Windows 10は「Xbox App」アプリにより、Xbox Oneで利用できるXbox Liveの機能やプレイ映像の録画、Xbox Oneで実行されているゲームのストリーミングプレイなどを実現する

 いわば「Windowsユニバース」とも言うべき世界観だが、Surface HubとHoloLensも、境目なく多様な種類のデバイスが結び付く様子を表している。

 Surface Hubは、タッチ操作が可能な84型のデジタルホワイトボードとも言うべき製品だ。
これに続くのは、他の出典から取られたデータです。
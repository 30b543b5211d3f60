-- ===== src/Idempotency/Protector/Laws.antt =====
-- What the protector of src/app/infrastructure/idempotency/security promises.
use andruha_user_profile_ser.Prelude.{
  or_raise, ◌≡◌, ◌⊎◌, inl, inr, refl, Bool, true, false, not, Option, none, some, List, [], ◌∷◌,
  Text, codes, any, all, length, nat_beq, text_eq, Result, ok, err, arith, Result-cases,
  Option-cases, require, ◌>>=◌, ◌>>◌, ◌∙◌, ap, sym,
}
use andruha_user_profile_ser.Prelude.Base64.{b64decode, is_byte, b64decode-b64encode}
use andruha_user_profile_ser.Exceptions.{
  Exception, idempotency, stored_replay_unavailable_error, value_error, type_error, key_error,
  validation_error,
}
use andruha_user_profile_ser.Idempotency.Protector.{
  Bytes, Aead, PayloadJson, Protector, Envelope, make_protector, protect, restore, is_supported,
  decrypt_envelope, envelope_key, envelope_bytes, dict_entry, envelope, str, catch_unreadable,
}

entry_long :
    (id : Text) (keys : List (Text × Bytes)) (key : Bytes)
    → any (λ k. not (nat_beq (length k.1) 32)) keys ≡ false
    → dict_entry id keys ≡ ok key
    → length key ≡ 32
entry_long id [] key h e = cc
entry_long id ((k, v) ∷ keys) key h e = ground (arith, entry_long id keys key)

-- The constructor lets a set of keys pass if the active one is there and all have 32 bytes.
pub make_protector_active :
    (id : Text) (keys : List (Text × Bytes)) (p : Protector)
    → make_protector id keys ≡ ok p
    → (key : Bytes) × (dict_entry p.active_key_id p.keys ≡ ok key) × (length key ≡ 32)
unfolding make_protector
make_protector_active id keys p h = elim (Result-cases (dict_entry id keys)) [
  | inl (key, e) ↦ (key, ground arith, entry_long id keys key (ground arith) e)
  | inr (x, e) ↦ ground arith
]

-- Whether the `except` clause of `restore` catches what was raised.
abbrev is_caught : {A : Type 0} → Result Exception A → Bool
is_caught (ok a) = true
is_caught (err key_error) = true
is_caught (err type_error) = true
is_caught (err validation_error) = true
is_caught (err value_error) = true
is_caught (err e) = false

>>=-is_caught :
    {A B : Type 0} (first : Result Exception A) (next : A → Result Exception B)
    → is_caught first ≡ true
    → ((a : A) → is_caught (next a) ≡ true)
    → is_caught (first >>= next) ≡ true
>>=-is_caught (ok a) next h k = k a
>>=-is_caught (err e) next h k = ground arith

dict_entry-is_caught :
    {A : Type 0} (key : Text) (d : List (Text × A)) → is_caught (dict_entry key d) ≡ true
dict_entry-is_caught key [] = refl
dict_entry-is_caught key ((k, v) ∷ d) = ground (arith, dict_entry-is_caught key d)

or_raise-is_caught :
    {A : Type 0} (x : Exception) (o : Option A)
    → is_caught {A = A} (err x) ≡ true
    → is_caught (or_raise x o) ≡ true
or_raise-is_caught x none h = h
or_raise-is_caught x (some a) h = refl

module _ {Payload : Type 0} (cipher : Aead) (json : PayloadJson Payload) where
  open cipher use {encrypt, decrypt}
  open json use {dumps, validate_json}

  restore-envelope :
      (q : Protector) (id : Text) (key nonce aad : Bytes) (payload : Payload)
      → dict_entry id q.keys ≡ ok key
      → length key ≡ 32
      → length nonce ≡ 12
      → all is_byte nonce ≡ true
      → all is_byte aad ≡ true
      → restore cipher json q (envelope id nonce (encrypt key nonce (dumps payload) aad)) aad
        ≡ ok payload
  unfolding restore is_supported decrypt_envelope envelope_key envelope_bytes
  restore-envelope q id key nonce aad payload e long short bytes aad_bytes =
      rw
        (
          e,
          b64decode-b64encode nonce bytes,
          b64decode-b64encode (encrypt key nonce (dumps payload) aad) (
              cipher.encrypt_bytes key nonce (dumps payload) aad (json.dumps_bytes payload)
                aad_bytes),
          cipher.decrypt-encrypt key nonce (dumps payload) aad long short,
          json.validate_json-dumps payload,
        )
        refl

  -- What a protector has encrypted under its active key is restored with the same associated data,
  -- by itself and by every later protector that still has this key, whichever key is active then.
  pub restore-protect :
      (id : Text) (keys : List (Text × Bytes)) (p q : Protector) (nonce aad : Bytes)
      (payload : Payload)
      → make_protector id keys ≡ ok p
      → dict_entry p.active_key_id q.keys ≡ dict_entry p.active_key_id p.keys
      → length nonce ≡ 12
      → all is_byte nonce ≡ true
      → all is_byte aad ≡ true
      → (e : Envelope) × (protect cipher json p nonce payload aad ≡ ok e)
        × (restore cipher json q e aad ≡ ok payload)
  restore-protect id keys p q nonce aad payload made kept short bytes aad_bytes =
      let (key, found, long) = make_protector_active id keys p made in
      (
        envelope p.active_key_id nonce (encrypt key nonce (dumps payload) aad),
        unfold protect in rw found refl,
        restore-envelope q p.active_key_id key nonce aad payload (kept ∙ found) long short bytes
            aad_bytes,
      )

  -- The payload is read from a text that the key of the envelope's identifier encrypts, with the
  -- envelope's nonce and the same associated data, to exactly the envelope's ciphertext.
  abbrev pub IsAuthentic : Protector → Envelope → Bytes → Payload → Type 0
  IsAuthentic p e aad payload =
      (key : Bytes) × (nonce : Bytes) × (plaintext : Bytes) × (is_supported e ≡ true)
      × (envelope_key p e ≡ ok key)
      × (envelope_bytes (codes "nonce") e ≡ ok nonce)
      × (envelope_bytes (codes "ciphertext") e ≡ ok (encrypt key nonce plaintext aad))
      × (validate_json plaintext ≡ some payload)

  decrypt_envelope-IsAuthentic :
      (p : Protector) (e : Envelope) (aad : Bytes) (payload : Payload)
      → is_supported e ≡ true
      → decrypt_envelope cipher json p e aad ≡ ok payload
      → IsAuthentic p e aad payload
  unfolding decrypt_envelope
  decrypt_envelope-IsAuthentic p e aad payload supported h =
      elim (Result-cases (envelope_key p e)) [
        | inr (x, ek) ↦ ground arith
        | inl (key, ek) ↦ elim (Result-cases (envelope_bytes (codes "nonce") e)) [
          | inr (x, en) ↦ ground arith
          | inl (nonce, en) ↦ elim (Result-cases (envelope_bytes (codes "ciphertext") e)) [
            | inr (x, ec) ↦ ground arith
            | inl (ciphertext, ec) ↦ elim (Option-cases (decrypt key nonce ciphertext aad)) [
              | inl ed ↦ ground arith
              | inr (plaintext, ed) ↦ (
                key,
                nonce,
                plaintext,
                supported,
                ek,
                en,
                ec ∙ ap ok (sym (cipher.encrypt-decrypt key nonce ciphertext aad plaintext ed)),
                ground arith,
              )
            ]
          ]
        ]
      ]

  envelope_key-is_caught : (p : Protector) (e : Envelope) → is_caught (envelope_key p e) ≡ true
  unfolding envelope_key
  envelope_key-is_caught p e =
      >>=-is_caught (dict_entry (codes "key_id") e) (λ key_id. dict_entry (str key_id) p.keys)
        (dict_entry-is_caught (codes "key_id") e)
        (λ key_id. dict_entry-is_caught (str key_id) p.keys)

  envelope_bytes-is_caught : (t : Text) (e : Envelope) → is_caught (envelope_bytes t e) ≡ true
  unfolding envelope_bytes
  envelope_bytes-is_caught t e =
      >>=-is_caught (dict_entry t e) (λ text. or_raise value_error (b64decode (str text)))
        (dict_entry-is_caught t e)
        (λ text. or_raise-is_caught value_error (b64decode (str text)) refl)

  decrypt_envelope-is_caught :
      (p : Protector) (e : Envelope) (aad : Bytes)
      → is_caught (decrypt_envelope cipher json p e aad) ≡ true
  unfolding decrypt_envelope
  decrypt_envelope-is_caught p e aad =
      >>=-is_caught (envelope_key p e) _ (envelope_key-is_caught p e) (λ key.
        >>=-is_caught (envelope_bytes (codes "nonce") e) _
          (envelope_bytes-is_caught (codes "nonce") e)
          (λ nonce.
            >>=-is_caught (envelope_bytes (codes "ciphertext") e) _
              (envelope_bytes-is_caught (codes "ciphertext") e)
              (λ ciphertext.
                >>=-is_caught (or_raise value_error (decrypt key nonce ciphertext aad)) _
                  (or_raise-is_caught value_error (decrypt key nonce ciphertext aad) refl)
                  (λ plaintext.
                    or_raise-is_caught validation_error (validate_json plaintext) refl))))

  catch_unreadable-is_caught :
      (r : Result Exception Payload)
      → is_caught r ≡ true
      → (catch_unreadable r ≡ err (idempotency stored_replay_unavailable_error))
        ⊎ ((payload : Payload) × (r ≡ ok payload) × (catch_unreadable r ≡ ok payload))
  catch_unreadable-is_caught (ok payload) h = inr (payload, refl, refl)
  catch_unreadable-is_caught (err e) h = ground arith

  supported_outcome :
      (p : Protector) (e : Envelope) (aad : Bytes) (b : Bool)
      → is_supported e ≡ b
      → (catch_unreadable (require b value_error >> decrypt_envelope cipher json p e aad)
          ≡ err (idempotency stored_replay_unavailable_error))
        ⊎ ((payload : Payload) × (catch_unreadable
                (require b value_error >> decrypt_envelope cipher json p e aad)
              ≡ ok payload)
            × IsAuthentic p e aad payload)
  supported_outcome p e aad false s = inl refl
  supported_outcome p e aad true s =
      elim (catch_unreadable-is_caught (decrypt_envelope cipher json p e aad)
        (decrypt_envelope-is_caught p e aad)) [
          | inl h ↦ inl h
          | inr (payload, h, k) ↦ inr (payload, k, decrypt_envelope-IsAuthentic p e aad payload s h)
        ]

  -- Restoring an envelope of any entries raises StoredReplayUnavailableError and nothing else, or
  -- gives the payload of a text whose encryption under the named key, the envelope's nonce and the
  -- given associated data is the envelope's ciphertext, in the supported format.
  pub restore_outcome :
      (p : Protector) (e : Envelope) (aad : Bytes)
      → (restore cipher json p e aad ≡ err (idempotency stored_replay_unavailable_error))
        ⊎ ((payload : Payload) × (restore cipher json p e aad ≡ ok payload)
            × IsAuthentic p e aad payload)
  unfolding restore
  restore_outcome p e aad = supported_outcome p e aad (is_supported e) refl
Surfaceシリーズは積極的にOEM先のメーカーが参入していない市場に新製品を投入し、新ジャンルの着火剤となることを狙っている。

 Surface Hubと対になる電子会議機能がWindows 10に組み込まれており、Windows 10デバイス(PC、タブレット、スマートフォン、おそらくXboxも)からSurface Hubに接続することで、Webページやプレゼンテーションスライド、各会議室の映像を使いこなした会議に簡単に参加可能となる。

84型のタッチ対応4Kディスプレイをデジタルホワイトボードやビデオ会議システムとして利用できるSurface Hub

 HoloLensは、Windows 10が新たに標準装備する“Windows Holographics API”という機能のコンセプト、可能性を見せるために作られたプロトタイプだが、Surfaceシリーズと同様に製品化を目指している。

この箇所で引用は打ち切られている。